RECORDS FOR THE EXERCISE:
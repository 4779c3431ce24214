-- ===== src/Smoke/Listing.antt =====
-- internal/smoke/smoke.go: failed calls, and the paging through tools/list. A session is a function
-- that answers a call from the calls so far, the newest first; the failures that a function records
-- on the report, in their order, are part of what it returns. JSON decoding is a parameter.
use mcp_library.Common.{
  ℕ, zero, suc, Bool, true, false, List, [], ◌∷◌, ◌++◌, Option, none, some, if◌then◌else◌,
}
use mcp_library.Common.Int.{ℤ}
use mcp_library.Common.Text.{Text, codes, text_eq}

pub record Call : Type 0 where
  pub method : Text
  pub cursor : Text

-- An answer, or an error: whether it says that the session closed, and whether the call's time was
-- over.
pub data Reply : Type 0 where
  answer : Text → Reply
  failed : (closed : Bool) → (expired : Bool) → Reply

abbrev pub Session : Type 0
Session = List Call → Reply

pub data Failure : Type 0 where
  closed_session no_answer call_error : Text → Failure
  no_socket bad_endpoint bad_initialize not_notified : Failure
  unsupported_protocol : Text → Failure
  bad_page too_many_pages no_tools : Failure
  bad_schema : Text → Failure
  no_snapshot : Failure
  exited_early exited_on_eof exited_on_term : ℤ → Failure
  not_reaped not_stopped killed still_running : Failure
  denied_egress : Text → ℤ → Failure
  snapshot_missing snapshot_unreadable snapshot_drift snapshot_unwritten : Failure

pub record Failed : Type 0 where
  pub failures : List Failure
  pub closed : Bool

unfoldable pub call_failed : Text → Bool → Bool → Failed
call_failed method closed expired =
    if closed
    then record { failures = closed_session method ∷ []; closed = true }
    else if expired
    then record { failures = no_answer method ∷ []; closed = false }
    else record { failures = call_error method ∷ []; closed = false }

pub record Tool : Type 0 where
  pub name : Text
  pub description : Text
  pub input_schema : Text

pub record Page : Type 0 where
  pub tools : List Tool
  pub next_cursor : Text

abbrev pub max_pages : ℕ
max_pages = 100

-- `tools` is `none` where the listing did not complete.
pub record Listed : Type 0 where
  pub tools : Option (List Tool)
  pub closed : Bool
  pub failures : List Failure
  pub calls : List Call

abbrev pub list_call : Text → Call
list_call cursor = record { method = codes "tools/list"; cursor = cursor }

abbrev pub stopped : List Call → Bool → Failure → Listed
stopped calls closed f = record { tools = none; closed = closed; failures = f ∷ []; calls = calls }

abbrev after_failure : List Call → Failed → Listed
after_failure calls f = record {
  tools = none;
  closed = f.closed;
  failures = f.failures;
  calls = calls;
}

abbrev pub finished : List Call → List Tool → Listed
finished calls tools = record { tools = some tools; closed = false; failures = []; calls = calls }

abbrev pub after_page : List Call → Option Page → (Page → Listed) → Listed
after_page calls none rest = stopped calls false bad_page
after_page calls (some page) rest = rest page

module _ (session : Session) (decode_page : Text → Option Page) where
  abbrev pub after_reply : List Call → Reply → (Page → Listed) → Listed
  after_reply calls (failed closed expired) rest =
      after_failure calls (call_failed (codes "tools/list") closed expired)
  after_reply calls (answer raw) rest = after_page calls (decode_page raw) rest

  -- The first pages may be this many.
  unfoldable pub list_pages : ℕ → Text → List Tool → List Call → Listed
  unfolding call_failed
  list_pages zero cursor tools calls = stopped calls false too_many_pages
  list_pages (suc n) cursor tools calls =
      after_reply (list_call cursor ∷ calls) (session (list_call cursor ∷ calls)) (λ page.
        elim (text_eq page.next_cursor []) [
          | true ↦ finished (list_call cursor ∷ calls) (tools ++ page.tools)
          | false ↦ list_pages n page.next_cursor (tools ++ page.tools) (list_call cursor ∷ calls)
        ])

  unfoldable pub list_tools : List Call → Listed
  unfolding list_pages
  list_tools calls = list_pages max_pages [] [] calls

EXERCISE DIRECTIONS: Across the data, pull every line containing the string "Common".

RESULT OF THE TASK:
use mcp_library.Common.{
use mcp_library.Common.Int.{ℤ}
use mcp_library.Common.Text.{Text, codes, text_eq}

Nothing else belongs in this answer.